L'alt-right e la politica dei meme
I media, la legge e i troll
Secondo il Forum Economico Mondiale (WEF), la diffusione online, in particolare sui social, di notizie infondate è una delle principali minacce per la società odierna.
Un fattore che favorisce la diffusione di informazioni antiscientifiche – a un livello tale da risultare potenzialmente una minaccia per la sicurezza pubblica, come nel caso del movimento anti-vaccini -, oppure bufale a sfondo politico, sono le cosiddette echo chambers, o camere di risonanza, nonostante il termine sia decisamente più utilizzato nella forma in inglese.
Questo fenomeno si manifesta nei mezzi di comunicazione di massa, nei quali gli utenti tendono ad agglomerarsi in ambienti chiusi ed omogenei, la quale formazione può essere favorita dalle caratteristiche intrinseche di una particolare piattaforma social: pensiamo al celebre algoritmo di Facebook, chiamato EdgeRank, che funziona secondo criteri di affinità con ogni membro della sfera sociale online, peso delle interazioni, e analisi del tempo collegato alle interazioni. Connettendoci a Facebook e navigando sulla home, sarà molto più facile visualizzare contenuti postati dalle persone con cui interagiamo di più: quest’elemento contribuisce ad aumentare esponenzialmente l’impatto del fenomeno delle echo chambers.

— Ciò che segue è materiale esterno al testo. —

-- ===== src/Net/Tests.antt =====
-- An IP header, a reply of the gateway, and the witnesses of the network's theorems.
use wnu.Prelude.{
  false, true, get_or, length, take, zero, suc, drop, ◌<◌, ◌≤◌, ◌+◌, ℕ, ◌/◌, ◌%◌, ◌^◌, ◌≡◌, refl,
  some, List, [], ◌∷◌, ◌++◌, arith, ltb, if◌then◌else◌,
}
use wnu.Net.{checksum, sum_words, fold_carries}
use wnu.Mem.{Bytes, slice}
use wnu.Net.Frames.{Mac, zero_mac, mac_bytes, local_ip, gateway_ip, echo_frame, udp_frame, word16}
use wnu.Net.Frames.Sums.{IsIpFrame, ip_part, frames_verify}
use wnu.Net.Protocol.{Net, init, handle_packet, mac_at}
use wnu.Net.Protocol.Requests.{IsQuiet, count, icmp, udp, bit}
use wnu.Net.Protocol.Runs.{ping, test, receive, step, run, run-IsQuiet, pings, tests}
use wnu.Net.Protocol.Replies.{IsGatewayReply, handle_packet_learns}
use wnu.Net.Protocol.Bounds.{handle_packet-congr}
use wnu.Net.Protocol.Answered.{request_is_answered}
use wnu.Net.Checksum.{AreBytes, flat, checksum_verifies}

-- The ten bytes before the field, and the eight behind it.
abbrev before : List (ℕ × ℕ)
before = (0x45, 0) ∷ (0, 0x73) ∷ (0, 0) ∷ (0x40, 0) ∷ (0x40, 0x11) ∷ []

abbrev after : List ℕ
after = 0xC0 ∷ 0xA8 ∷ 0 ∷ 0x01 ∷ 0xC0 ∷ 0xA8 ∷ 0 ∷ 0xC7 ∷ []

abbrev header_sum : ℕ
header_sum = 0xB861

sums : checksum (flat before ++ 0 ∷ 0 ∷ after) ≡ some header_sum
unfolding checksum sum_words fold_carries
sums = refl

header_bytes : AreBytes (flat before ++ 0 ∷ 0 ∷ after)
header_bytes = ground arith

checksum_verifies_example :
    checksum (flat before ++ header_sum / 2 ^ 8 ∷ header_sum % 2 ^ 8 ∷ after) ≡ some 0
checksum_verifies_example =
    checksum_verifies before after header_sum header_bytes (omega arith) sums

abbrev own_mac : Mac
own_mac = record { byte0 = 0x52; byte1 = 0x54; byte2 = 0; byte3 = 0x12; byte4 = 0x34; byte5 = 0x56 }

frames_verify_example :
    IsIpFrame zero_mac own_mac (echo_frame own_mac zero_mac)
    × IsIpFrame zero_mac own_mac (udp_frame own_mac zero_mac)
    × (checksum (drop 20 (ip_part (echo_frame own_mac zero_mac))) ≡ some 0)
    × (take 2 (drop 24 (ip_part (udp_frame own_mac zero_mac)))
        ≡ word16 (length (drop 20 (ip_part (udp_frame own_mac zero_mac)))))
frames_verify_example = frames_verify own_mac zero_mac

-- What the variables hold when the kernel starts.
abbrev cold : Net
cold = record {
  gateway_mac = zero_mac;
  gateway_mac_ready = false;
  pending_icmp = false;
  pending_udp = false;
  events = [];
}

abbrev reply_bytes : List ℕ
reply_bytes =
    mac_bytes own_mac
    ++ 0x52 ∷ 0x55 ∷ 10 ∷ 0 ∷ 2 ∷ 2 ∷ 0x08 ∷ 0x06 ∷ 0 ∷ 1 ∷ 0x08 ∷ 0 ∷ 6 ∷ 4 ∷ 0 ∷ 2 ∷ 0x52 ∷ 0x55
      ∷ 10 ∷ 0 ∷ 2 ∷ 2 ∷ gateway_ip
    ++ mac_bytes own_mac
    ++ local_ip

abbrev reply : Bytes
reply k = get_or reply_bytes k 0

reply-IsGatewayReply : IsGatewayReply reply 42
unfolding slice
reply-IsGatewayReply = record {
  whole = omega arith;
  ethernet_type = refl;
  opcode = refl;
  sender = refl;
  target = refl;
}

get_or-lt : (s : List ℕ) (k : ℕ) → AreBytes s → get_or s k 0 < 256
get_or-lt [] k h = omega arith
get_or-lt (a ∷ s) zero h = h.0
get_or-lt (a ∷ s) (suc k) h = get_or-lt s k h.1

run-IsQuiet_example :
    IsQuiet (run own_mac (ping ∷ receive reply 42 ∷ ping ∷ []) (init cold))
    × (count icmp (run own_mac (ping ∷ receive reply 42 ∷ ping ∷ []) (init cold)).events
          + bit (run own_mac (ping ∷ receive reply 42 ∷ ping ∷ []) (init cold)).pending_icmp
        ≤ pings (ping ∷ receive reply 42 ∷ ping ∷ []))
    × (count udp (run own_mac (ping ∷ receive reply 42 ∷ ping ∷ []) (init cold)).events
          + bit (run own_mac (ping ∷ receive reply 42 ∷ ping ∷ []) (init cold)).pending_udp
        ≤ tests (ping ∷ receive reply 42 ∷ ping ∷ []))
run-IsQuiet_example = run-IsQuiet own_mac (ping ∷ receive reply 42 ∷ ping ∷ []) cold refl

cold-IsQuiet : IsQuiet cold
cold-IsQuiet = record { quiet = λ known. (refl, refl) }

request_is_answered_example :
    (count icmp cold.events
      < count icmp
          (handle_packet own_mac reply 42
            (run own_mac (test ∷ []) (step own_mac ping cold))).events)
    × (count udp cold.events
        < count udp
            (handle_packet own_mac reply 42
              (run own_mac (test ∷ []) (step own_mac test cold))).events)
request_is_answered_example =
    request_is_answered own_mac cold (test ∷ []) reply 42 cold-IsQuiet reply-IsGatewayReply

handle_packet_learns_example :
    (IsGatewayReply reply 42
      → ((handle_packet own_mac reply 42 cold).gateway_mac_ready ≡ true)
        × ((handle_packet own_mac reply 42 cold).gateway_mac ≡ mac_at reply 22))
    × (¬ IsGatewayReply reply 42
        → ((handle_packet own_mac reply 42 cold).gateway_mac_ready ≡ cold.gateway_mac_ready)
          × ((handle_packet own_mac reply 42 cold).gateway_mac ≡ cold.gateway_mac))
handle_packet_learns_example =
    handle_packet_learns own_mac reply 42 cold (λ k. get_or-lt reply_bytes k (ground arith))

-- The reply with other bytes behind it.
abbrev followed : Bytes
followed k = if ltb k 42 then reply k else 0xAA

handle_packet-congr_example :
    handle_packet own_mac reply 42 cold ≡ handle_packet own_mac followed 42 cold
handle_packet-congr_example =
    handle_packet-congr own_mac reply followed 42 (λ k lt. ground arith) cold
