-- ===== src/Pci/Laws.antt =====
-- Configuration addresses, and what the search for a device finds.
use Prim.Native.Nat.{bit_and, bit_or}
use wnu.Prelude.{
  ℕ, zero, suc, ◌+◌, ◌*◌, ◌/◌, ◌^◌, ◌<◌, ◌≤◌, ◌≡◌, ◌≢◌, refl, ap, ◌∙◌, Option, none, some, ◌==◌,
  arith, Bool-cases, Option-cases, inl, inr,
}
use wnu.Bits.{pow2, bit_or-shifted, bit_and_halves, bit_and-mask}
use wnu.Pci.{
  Device, address, first_of_range, config_read16, describe, function_count, check_function,
  check_slot, find_device,
}

drop_low : (x m : ℕ) → bit_and x (2 * m) ≡ 2 * bit_and (x / 2) m
drop_low x m =
    let half : 2 * m / 2 ≡ m = omega arith in
    omega (arith, bit_and_halves x (2 * m), ap (bit_and (x / 2)) half)

-- `offset & 0xFC` is the offset of its word.
word_offset : (o : ℕ) → o < 256 → bit_and o 0xFC ≡ 4 * (o / 4)
word_offset o h =
    omega (arith, drop_low o 126, drop_low (o / 2) 63, bit_and-mask 6 (o / 2 / 2) (omega arith))

join_field : (k hi x lo : ℕ) → x ≡ hi * pow2 k → lo < pow2 k → bit_or x lo ≡ x + lo
join_field k hi x lo e lt = rw e (bit_or-shifted k hi lo lt)

-- The fields of an address do not overlap.
address_sum :
    (bus slot func offset : ℕ)
    → bus < 256
    → slot < 32
    → func < 8
    → offset < 256
    → address bus slot func offset
      ≡ 2 ^ 31 + bus * 2 ^ 16 + slot * 2 ^ 11 + func * 2 ^ 8 + 4 * (offset / 4)
unfolding address
address_sum bus slot func offset hb hs hf ho =
    let with_bus = join_field 31 1 (2 ^ 31) (bus * 2 ^ 16) refl (omega arith) in
    let a = 2 ^ 31 + bus * 2 ^ 16 in
    let with_slot = join_field 16 (2 ^ 15 + bus) a (slot * 2 ^ 11) (omega arith) (omega arith) in
    let b = a + slot * 2 ^ 11 in
    let with_func =
      join_field 11 (2 ^ 20 + bus * 32 + slot) b (func * 2 ^ 8) (omega arith) (omega arith) in
    let c = b + func * 2 ^ 8 in
    let with_offset =
      join_field 8 (2 ^ 23 + bus * 256 + slot * 8 + func) c (4 * (offset / 4)) (omega arith)
        (omega arith) in
    rw (with_bus, with_slot, with_func, word_offset offset ho, with_offset)

-- Equal addresses of words in range have the same bus, slot, function and word offset.
pub address_injective :
    (bus slot func offset bus' slot' func' offset' : ℕ)
    → (bus < 256) × (slot < 32) × (func < 8) × (offset < 256)
    → (bus' < 256) × (slot' < 32) × (func' < 8) × (offset' < 256)
    → address bus slot func offset ≡ address bus' slot' func' offset'
    → (bus ≡ bus') × (slot ≡ slot') × (func ≡ func') × (offset / 4 ≡ offset' / 4)
address_injective bus slot func offset bus' slot' func' offset' (b, s, f, o) (b', s', f', o') e =
    omega (
      arith,
      e,
      address_sum bus slot func offset b s f o,
      address_sum bus' slot' func' offset' b' s' f' o',
    )

-- The search returns the first success in its range, and nothing only if there is none.
pub first_of_range-some {ℓ} :
    {A : Type ℓ} (n i : ℕ) (f : ℕ → Option A) (a : A)
    → first_of_range n i f ≡ some a
    → (k : ℕ) × (i ≤ k) × (k < i + n) × (f k ≡ some a)
unfolding first_of_range
first_of_range-some zero i f a h = absurd (cc)
first_of_range-some (suc n) i f a h = elim (Option-cases (f i)) [
  | inl e ↦
      let (k, lo, hi, at_k) = first_of_range-some n (i + 1) f a (ground (arith, e)) in
      (k, omega arith, omega arith, at_k)
  | inr (b, e) ↦ (i, omega arith, omega arith, ground (arith, e))
]

pub first_of_range-none {ℓ} :
    {A : Type ℓ} (n i : ℕ) (f : ℕ → Option A) (k : ℕ)
    → first_of_range n i f ≡ none
    → i ≤ k
    → k < i + n
    → f k ≡ none
unfolding first_of_range
first_of_range-none zero i f k h lo hi = absurd (omega arith)
first_of_range-none (suc n) i f k h lo hi = elim (Option-cases (f i)) [
  | inr (b, e) ↦ absurd (ground (arith, e))
  | inl e ↦ elim (Bool-cases (k == i)) [
    | inl same ↦ let k_eq : k ≡ i = ground arith in ap f k_eq ∙ e
    | inr later ↦ first_of_range-none n (i + 1) f k (ground (arith, e)) (ground arith) (omega arith)
  ]
]

module _ (space : ℕ → ℕ) (vendor device : ℕ) where
  -- A function that the search looks at, with the identity it looks for.
  pub record IsFound (bus slot func : ℕ) : Type 0 where
    pub on_bus : bus < 256
    pub in_slot : slot < 32
    pub in_device : func < function_count space bus slot
    pub slot_present : config_read16 space bus slot 0 0x00 ≢ 0xffff
    pub present : config_read16 space bus slot func 0x00 ≢ 0xffff
    pub vendor_matches : config_read16 space bus slot func 0x00 ≡ vendor
    pub device_matches : config_read16 space bus slot func 0x02 ≡ device

module _ (space : ℕ → ℕ) (vendor device : ℕ) where
  check_slot_sound :
      (d : Device) (bus slot : ℕ)
      → check_slot space vendor device bus slot ≡ some d
      → (config_read16 space bus slot 0 0x00 ≢ 0xffff)
        × ((func : ℕ) × (func < function_count space bus slot)
            × (check_function space vendor device bus slot func ≡ some d))
  unfolding check_slot
  check_slot_sound d bus slot h =
      elim (Bool-cases (config_read16 space bus slot 0 0x00 == 0xffff)) [
        | inl e ↦ absurd (ground arith)
        | inr e ↦
            let (func, _, hf, at_func) =
              first_of_range-some (function_count space bus slot) 0
                (check_function space vendor device bus slot) d (ground arith) in
            (λ same. ground arith, (func, omega (arith, hf), at_func))
      ]

  check_function_sound :
      (d : Device) (bus slot func : ℕ)
      → check_function space vendor device bus slot func ≡ some d
      → (d ≡ describe space bus slot func)
        × (config_read16 space bus slot func 0x00 ≢ 0xffff)
        × (config_read16 space bus slot func 0x00 ≡ vendor)
        × (config_read16 space bus slot func 0x02 ≡ device)
  unfolding check_function
  check_function_sound d bus slot func h =
      (ground arith, λ e. absurd (ground arith), ground arith, ground arith)

  -- What the search returns describes a function of the configuration space with the vendor and
  -- device that were asked for.
  pub find_device_sound :
      (d : Device)
      → find_device space vendor device ≡ some d
      → (IsFound space vendor device d.bus d.slot d.func) × (d ≡ describe space d.bus d.slot d.func)
  unfolding find_device
  find_device_sound d h =
      let (bus, _, hb, at_bus) = first_of_range-some 256 0 _ d h in
      let (slot, _, hs, at_slot) = first_of_range-some 32 0 _ d at_bus in
      let (here, (func, hf, at_func)) = check_slot_sound d bus slot at_slot in
      let (same, present, v, i) = check_function_sound d bus slot func at_func in
      rw same (
        unfold describe in
        (
          record {
            on_bus = omega (arith, hb);
            in_slot = omega (arith, hs);
            in_device = hf;
            slot_present = here;
            present = present;
            vendor_matches = v;
            device_matches = i;
          },
          refl,
        ))

  -- The search returns nothing only if no function of the configuration space has the vendor and
  -- device that were asked for.
  pub find_device_complete :
      (bus slot func : ℕ)
      → find_device space vendor device ≡ none
      → ¬ (IsFound space vendor device bus slot func)
  unfolding find_device check_slot check_function
  find_device_complete bus slot func h f =
      let at_bus = first_of_range-none 256 0 _ bus h (omega arith) (omega (arith, f.on_bus)) in
      let at_slot =
        first_of_range-none 32 0 _ slot at_bus (omega arith) (omega (arith, f.in_slot)) in
      let in_slot_none : first_of_range (function_count space bus slot) 0
            (check_function space vendor device bus slot)
          ≡ none =
        ground (arith, at_slot, f.slot_present) in
      let at_func =
        first_of_range-none (function_count space bus slot) 0
          (check_function space vendor device bus slot) func in_slot_none (omega arith)
          (omega (arith, f.in_device)) in
      ground (arith, at_func, f.present, f.vendor_matches, f.device_matches)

Al di là del fenomeno delle echo chambers e del funzionamento delle varie piattaforme social, anche quello che dalla psicologia cognitiva viene definito come bias di conferma gioca il suo ruolo. Il bias di conferma è un meccanismo, innato nell’essere umano, che agisce da auto-rafforzamento delle proprie idee e convinzioni, e che
“Consiste nel ricercare, selezionare e interpretare informazioni che confermano le proprie convinzioni o ipotesi” (Grignolio, 2016)
A livello più o meno conscio, quindi, ogni individuo tende a selezionare e percepire principalmente le informazioni che confermano quello in cui l’individuo credeva già; le notizie non sono percepite oggettivamente, ma attraverso un filtro che ne privilegia alcune a scapito di altre.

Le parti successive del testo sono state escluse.